There is a raging debate in the UK about whether and how UK farmers should be protected from foreign competition in the execution of its trade policy. It threatens to divide the Conservative Party between their classical free traders and those whose constituencies include farmers and larger landowners.

Yet there is a solution here where the UK can both protect farmers and execute a trade policy which allows them to be competitive on global markets. To do so means asking what it is we should be protecting them from – and we should, in answering that question, come up with a set of holistic solutions.

The Department for International Trade’s newly formed Trade and Agriculture Commission, on which I sit, is an excellent opportunity for constructive engagement to solve these issues and find common ground among stakeholders.

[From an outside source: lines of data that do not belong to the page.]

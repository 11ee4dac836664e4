-- ===== src/Cqlite/Tests.antt =====
-- Runs of the CQLite client on small inputs, and the theorems at inputs that meet their hypotheses.
use open_htap_stack.Prelude.{
  length, ℕ, ◌+◌, ◌≡◌, refl, String, true, false, none, some, List, [], ◌∷◌, ◌=s=◌, take, lookup,
  contains, if◌then◌else◌, arith,
}
use open_htap_stack.Prelude.Chars.{codes, lower, split}
use open_htap_stack.Cqlite.Message.{strip_all, prefixes, join, readable_error, message_limit}
use open_htap_stack.Cqlite.Client.{
  Directory, of_id, matching, done, Site, Client, try_register, ensure_registered, abort,
  finish_query, cancelled, is_in,
}
use open_htap_stack.Cqlite.Figures.{Scan, collect_measured}
use open_htap_stack.Cqlite.Stripped.{Bare, Strips, readable_error-returns}
use open_htap_stack.Cqlite.Registered.{ensure_registered-recovers}
use open_htap_stack.Cqlite.Named.{all_registered, collect_measured-counts_events}

nested : readable_error (codes "FFI error:  External error: cqlite: no  file") ≡ codes "no file"
unfolding readable_error
nested = refl

abbrev error : List ℕ
error = codes "FFI error:  External error: cqlite: no  file"

readable_error-returns_example :
    (rest : List ℕ) × (strip_all
        (length (join (split [] error)) + 1)
        prefixes
        (join (split [] error))
      ≡ some rest)
    × (readable_error error ≡ take message_limit rest)
    × Bare prefixes rest
    × Strips prefixes rest (join (split [] error))
readable_error-returns_example = readable_error-returns error

-- The directory of `events` is there, by its id; the others are not.
abbrev site : Site
site = record {
  keyspace = codes "demo";
  root = codes "/data/demo";
  imports = true;
  cassandra = true;
  table_id = λ table. done (some "17");
  is_dir = λ d. elim d [ of_id table id ↦ table =s= "events" | matching found ↦ false ];
  glob = λ table. [];
  create_table_cql = λ table. done "CREATE TABLE";
  open_provider = λ d ddl. none;
}

abbrev young : Client
young = record {
  ctx = true;
  providers = ("drone_latest_status", matching "drone_latest_status-9") ∷ [];
  declined = ("events", codes "no directory") ∷ [];
  attempted_at = 100;
  connected = true;
  busy = false;
  aborted = false;
}

too_early : (ensure_registered site 129 young).attempted_at ≡ 100
unfolding ensure_registered
too_early = refl

ensure_registered-recovers_example :
    lookup "events" (ensure_registered site 130 young).providers ≡ some (of_id "events" "17")
unfolding lookup contains try_register
ensure_registered-recovers_example =
    ensure_registered-recovers site 130 young "events" (of_id "events" "17") (λ h. refl)
      (omega arith) (omega arith) refl refl refl refl refl

-- A scan that fails after an abort is told to be cancelled.
stopped :
    (finish_query (some (codes "boom")) (abort (record young { busy = true })).1).0 ≡ cancelled
unfolding finish_query abort
stopped = refl

abbrev last_scan : String → Scan
last_scan table =
    if table =s= "events"
    then record { files = 4; bytes = 4000; reader_open = 12; data_age_s = some 9 }
    else record { files = 1; bytes = 10; reader_open = 3; data_age_s = some 2 }

abbrev sql : List ℕ
sql = codes "SELECT * FROM drone_events_by_entity"

abbrev place : Directory
place = matching "x"

collect_measured-counts_events_example :
    ((collect_measured last_scan sql (all_registered place place place)).files ≡ some (4 + 1))
    × ((collect_measured last_scan sql (all_registered place place place)).bytes ≡ some (4000 + 10))
unfolding is_in lower
collect_measured-counts_events_example =
    collect_measured-counts_events last_scan sql place place place refl refl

What should farmers be protected from?

The first question to ask is whether British farmers are trading on a level playing field now. The answer is that they are not. There are enormous subsidies and distortions in the EU-27, especially in major agricultural exporters into the UK such as France. Indeed, while British beef and lamb farmers do not receive any production subsidies (absent two very small programmes for crofters in Scotland amounting to £39m), French farmers benefit from €1bn of voluntary coupled support (a production subsidy). This disparity affects British farmers, not only as they produce for the home market, but also as they export in the EU and all over the world. We do need to come up with mechanisms which allow farmers to gain a measure of protection from these practices.